■ The task ■
"unfolding propose_remove_member" appears in one line of the records below. Output that line and each one after it, exactly, through the last line.
Data for this task section start
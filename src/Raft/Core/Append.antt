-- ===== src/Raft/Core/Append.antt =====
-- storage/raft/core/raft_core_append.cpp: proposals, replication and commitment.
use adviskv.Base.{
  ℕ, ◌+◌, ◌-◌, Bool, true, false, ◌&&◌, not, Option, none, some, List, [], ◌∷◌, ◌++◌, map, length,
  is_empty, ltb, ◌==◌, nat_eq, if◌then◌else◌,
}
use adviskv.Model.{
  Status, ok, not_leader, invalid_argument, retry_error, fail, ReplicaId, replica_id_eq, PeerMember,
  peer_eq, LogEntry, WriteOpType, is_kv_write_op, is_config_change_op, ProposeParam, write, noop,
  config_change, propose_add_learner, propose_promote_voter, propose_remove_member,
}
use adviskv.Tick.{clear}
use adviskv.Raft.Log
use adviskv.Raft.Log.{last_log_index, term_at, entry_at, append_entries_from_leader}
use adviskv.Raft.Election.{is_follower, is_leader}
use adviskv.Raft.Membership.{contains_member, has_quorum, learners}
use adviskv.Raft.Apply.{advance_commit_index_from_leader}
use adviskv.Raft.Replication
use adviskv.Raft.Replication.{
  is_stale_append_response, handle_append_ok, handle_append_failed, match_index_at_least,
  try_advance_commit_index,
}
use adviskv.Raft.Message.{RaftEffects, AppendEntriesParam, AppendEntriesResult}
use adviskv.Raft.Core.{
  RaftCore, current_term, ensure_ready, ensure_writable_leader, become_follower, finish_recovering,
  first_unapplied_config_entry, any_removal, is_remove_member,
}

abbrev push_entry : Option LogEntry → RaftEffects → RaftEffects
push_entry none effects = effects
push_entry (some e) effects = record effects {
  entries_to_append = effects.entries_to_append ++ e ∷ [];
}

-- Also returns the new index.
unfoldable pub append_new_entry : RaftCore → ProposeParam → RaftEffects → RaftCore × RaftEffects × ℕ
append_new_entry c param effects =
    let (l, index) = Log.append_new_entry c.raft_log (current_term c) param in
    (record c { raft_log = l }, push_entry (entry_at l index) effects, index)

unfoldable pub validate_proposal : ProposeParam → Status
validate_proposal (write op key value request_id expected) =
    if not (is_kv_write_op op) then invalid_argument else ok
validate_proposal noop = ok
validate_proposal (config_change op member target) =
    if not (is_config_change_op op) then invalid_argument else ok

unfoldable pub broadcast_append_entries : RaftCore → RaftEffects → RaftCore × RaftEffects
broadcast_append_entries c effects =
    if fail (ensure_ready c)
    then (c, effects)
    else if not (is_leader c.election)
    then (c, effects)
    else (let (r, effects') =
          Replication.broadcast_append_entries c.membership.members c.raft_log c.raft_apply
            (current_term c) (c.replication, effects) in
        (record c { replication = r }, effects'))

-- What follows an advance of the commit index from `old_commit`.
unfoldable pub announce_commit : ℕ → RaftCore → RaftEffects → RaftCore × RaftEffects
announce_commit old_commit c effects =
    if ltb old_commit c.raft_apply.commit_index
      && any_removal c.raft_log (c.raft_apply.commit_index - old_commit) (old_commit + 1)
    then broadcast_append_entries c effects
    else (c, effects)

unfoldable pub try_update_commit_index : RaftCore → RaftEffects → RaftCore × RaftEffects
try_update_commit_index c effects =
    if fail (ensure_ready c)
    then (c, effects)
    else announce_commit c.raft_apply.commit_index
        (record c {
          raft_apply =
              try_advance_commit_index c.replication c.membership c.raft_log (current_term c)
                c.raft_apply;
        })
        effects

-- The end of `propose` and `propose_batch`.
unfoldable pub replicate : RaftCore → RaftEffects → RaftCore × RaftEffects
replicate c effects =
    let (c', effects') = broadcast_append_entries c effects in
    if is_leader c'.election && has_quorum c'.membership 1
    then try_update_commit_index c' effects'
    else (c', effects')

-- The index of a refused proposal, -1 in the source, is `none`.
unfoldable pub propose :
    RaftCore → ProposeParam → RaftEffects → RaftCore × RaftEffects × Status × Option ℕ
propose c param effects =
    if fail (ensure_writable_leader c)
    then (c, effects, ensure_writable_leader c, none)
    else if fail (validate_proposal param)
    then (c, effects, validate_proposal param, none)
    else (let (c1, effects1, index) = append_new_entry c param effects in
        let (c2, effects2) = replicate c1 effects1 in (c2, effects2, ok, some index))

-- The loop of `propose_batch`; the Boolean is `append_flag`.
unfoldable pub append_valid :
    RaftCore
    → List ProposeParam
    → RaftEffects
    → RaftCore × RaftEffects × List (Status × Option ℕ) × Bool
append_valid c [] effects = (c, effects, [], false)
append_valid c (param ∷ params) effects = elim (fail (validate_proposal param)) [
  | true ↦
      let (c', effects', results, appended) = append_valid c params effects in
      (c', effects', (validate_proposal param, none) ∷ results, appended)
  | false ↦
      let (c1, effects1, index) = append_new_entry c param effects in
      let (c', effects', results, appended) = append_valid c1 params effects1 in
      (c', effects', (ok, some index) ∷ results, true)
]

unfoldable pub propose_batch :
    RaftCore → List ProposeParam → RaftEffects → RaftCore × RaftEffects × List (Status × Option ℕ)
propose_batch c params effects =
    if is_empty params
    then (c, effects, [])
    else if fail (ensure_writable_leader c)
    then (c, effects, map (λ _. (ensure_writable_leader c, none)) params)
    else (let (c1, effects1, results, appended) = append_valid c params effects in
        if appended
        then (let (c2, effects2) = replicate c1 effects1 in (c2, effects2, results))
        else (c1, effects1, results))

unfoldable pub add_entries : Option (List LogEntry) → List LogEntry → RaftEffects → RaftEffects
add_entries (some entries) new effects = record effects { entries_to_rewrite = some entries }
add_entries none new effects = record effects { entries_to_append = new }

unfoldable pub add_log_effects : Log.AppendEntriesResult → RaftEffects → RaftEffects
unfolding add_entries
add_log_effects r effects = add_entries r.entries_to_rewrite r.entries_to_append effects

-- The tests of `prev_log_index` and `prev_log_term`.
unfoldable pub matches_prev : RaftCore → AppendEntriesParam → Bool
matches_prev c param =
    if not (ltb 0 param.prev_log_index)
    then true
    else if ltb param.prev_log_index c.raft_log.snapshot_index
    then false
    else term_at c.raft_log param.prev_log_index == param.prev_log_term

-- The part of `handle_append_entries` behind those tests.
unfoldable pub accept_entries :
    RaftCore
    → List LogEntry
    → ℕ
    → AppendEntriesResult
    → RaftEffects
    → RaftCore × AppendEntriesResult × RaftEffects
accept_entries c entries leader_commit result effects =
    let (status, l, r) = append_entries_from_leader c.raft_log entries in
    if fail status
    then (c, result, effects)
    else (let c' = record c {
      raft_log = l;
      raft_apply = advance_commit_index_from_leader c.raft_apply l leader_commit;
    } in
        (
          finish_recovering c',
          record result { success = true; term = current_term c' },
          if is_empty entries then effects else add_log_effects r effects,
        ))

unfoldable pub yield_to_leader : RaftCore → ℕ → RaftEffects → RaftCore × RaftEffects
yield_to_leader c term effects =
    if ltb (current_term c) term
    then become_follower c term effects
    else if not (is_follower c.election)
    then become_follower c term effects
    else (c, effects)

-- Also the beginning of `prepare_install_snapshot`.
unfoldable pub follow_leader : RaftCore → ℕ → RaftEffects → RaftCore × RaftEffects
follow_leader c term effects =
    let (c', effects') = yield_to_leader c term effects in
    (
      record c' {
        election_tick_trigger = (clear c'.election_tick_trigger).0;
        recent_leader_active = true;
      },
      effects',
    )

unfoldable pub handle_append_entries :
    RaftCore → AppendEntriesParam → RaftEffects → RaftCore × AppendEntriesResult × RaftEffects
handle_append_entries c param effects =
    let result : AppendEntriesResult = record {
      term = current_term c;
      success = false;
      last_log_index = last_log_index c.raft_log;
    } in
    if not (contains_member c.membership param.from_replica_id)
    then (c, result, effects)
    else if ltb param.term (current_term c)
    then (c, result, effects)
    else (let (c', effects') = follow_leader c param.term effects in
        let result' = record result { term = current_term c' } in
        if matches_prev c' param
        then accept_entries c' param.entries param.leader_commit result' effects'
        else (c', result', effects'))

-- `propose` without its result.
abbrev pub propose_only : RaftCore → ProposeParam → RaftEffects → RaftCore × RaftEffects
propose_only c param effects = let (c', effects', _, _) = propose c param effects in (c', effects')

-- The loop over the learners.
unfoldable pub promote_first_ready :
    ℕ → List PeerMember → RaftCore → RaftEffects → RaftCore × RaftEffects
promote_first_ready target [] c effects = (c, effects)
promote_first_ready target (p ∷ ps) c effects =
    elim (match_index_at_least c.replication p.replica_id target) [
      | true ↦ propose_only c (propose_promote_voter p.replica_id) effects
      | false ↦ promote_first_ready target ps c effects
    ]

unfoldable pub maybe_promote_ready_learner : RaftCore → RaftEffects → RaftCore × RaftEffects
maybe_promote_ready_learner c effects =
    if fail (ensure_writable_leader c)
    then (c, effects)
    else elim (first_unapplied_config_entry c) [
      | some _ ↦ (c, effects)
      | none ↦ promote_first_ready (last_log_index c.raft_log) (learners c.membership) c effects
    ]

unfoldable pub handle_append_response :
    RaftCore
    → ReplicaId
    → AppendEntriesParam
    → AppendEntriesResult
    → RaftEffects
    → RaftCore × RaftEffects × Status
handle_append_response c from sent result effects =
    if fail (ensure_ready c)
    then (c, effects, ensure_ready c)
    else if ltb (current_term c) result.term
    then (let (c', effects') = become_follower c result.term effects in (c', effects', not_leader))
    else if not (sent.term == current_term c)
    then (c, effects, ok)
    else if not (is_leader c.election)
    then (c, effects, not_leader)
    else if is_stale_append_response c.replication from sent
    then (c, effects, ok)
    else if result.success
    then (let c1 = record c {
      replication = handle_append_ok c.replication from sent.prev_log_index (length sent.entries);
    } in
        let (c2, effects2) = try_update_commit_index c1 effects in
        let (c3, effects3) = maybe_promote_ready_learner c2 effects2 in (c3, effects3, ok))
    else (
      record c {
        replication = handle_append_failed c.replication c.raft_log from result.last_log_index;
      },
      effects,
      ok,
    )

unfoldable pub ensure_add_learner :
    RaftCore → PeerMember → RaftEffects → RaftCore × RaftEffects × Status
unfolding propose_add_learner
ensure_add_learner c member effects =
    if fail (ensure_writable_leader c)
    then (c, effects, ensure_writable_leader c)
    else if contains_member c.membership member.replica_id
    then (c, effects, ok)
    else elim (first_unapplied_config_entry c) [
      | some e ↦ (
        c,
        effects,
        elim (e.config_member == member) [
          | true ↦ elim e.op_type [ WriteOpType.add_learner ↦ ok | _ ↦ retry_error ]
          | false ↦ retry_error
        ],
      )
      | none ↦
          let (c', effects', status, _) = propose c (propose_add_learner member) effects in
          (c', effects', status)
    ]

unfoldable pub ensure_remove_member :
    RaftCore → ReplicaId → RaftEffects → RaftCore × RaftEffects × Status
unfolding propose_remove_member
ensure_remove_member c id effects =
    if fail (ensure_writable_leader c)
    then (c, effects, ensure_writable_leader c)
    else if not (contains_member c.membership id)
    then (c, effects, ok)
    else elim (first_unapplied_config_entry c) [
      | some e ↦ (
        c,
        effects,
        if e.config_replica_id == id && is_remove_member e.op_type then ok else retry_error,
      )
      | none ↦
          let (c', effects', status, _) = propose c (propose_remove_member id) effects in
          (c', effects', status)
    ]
Data for this task section end
■ Completed exercise ■
unfolding propose_remove_member
ensure_remove_member c id effects =
    if fail (ensure_writable_leader c)
    then (c, effects, ensure_writable_leader c)
    else if not (contains_member c.membership id)
    then (c, effects, ok)
    else elim (first_unapplied_config_entry c) [
      | some e ↦ (
        c,
        effects,
        if e.config_replica_id == id && is_remove_member e.op_type then ok else retry_error,
      )
      | none ↦
          let (c', effects', status, _) = propose c (propose_remove_member id) effects in
          (c', effects', status)
    ]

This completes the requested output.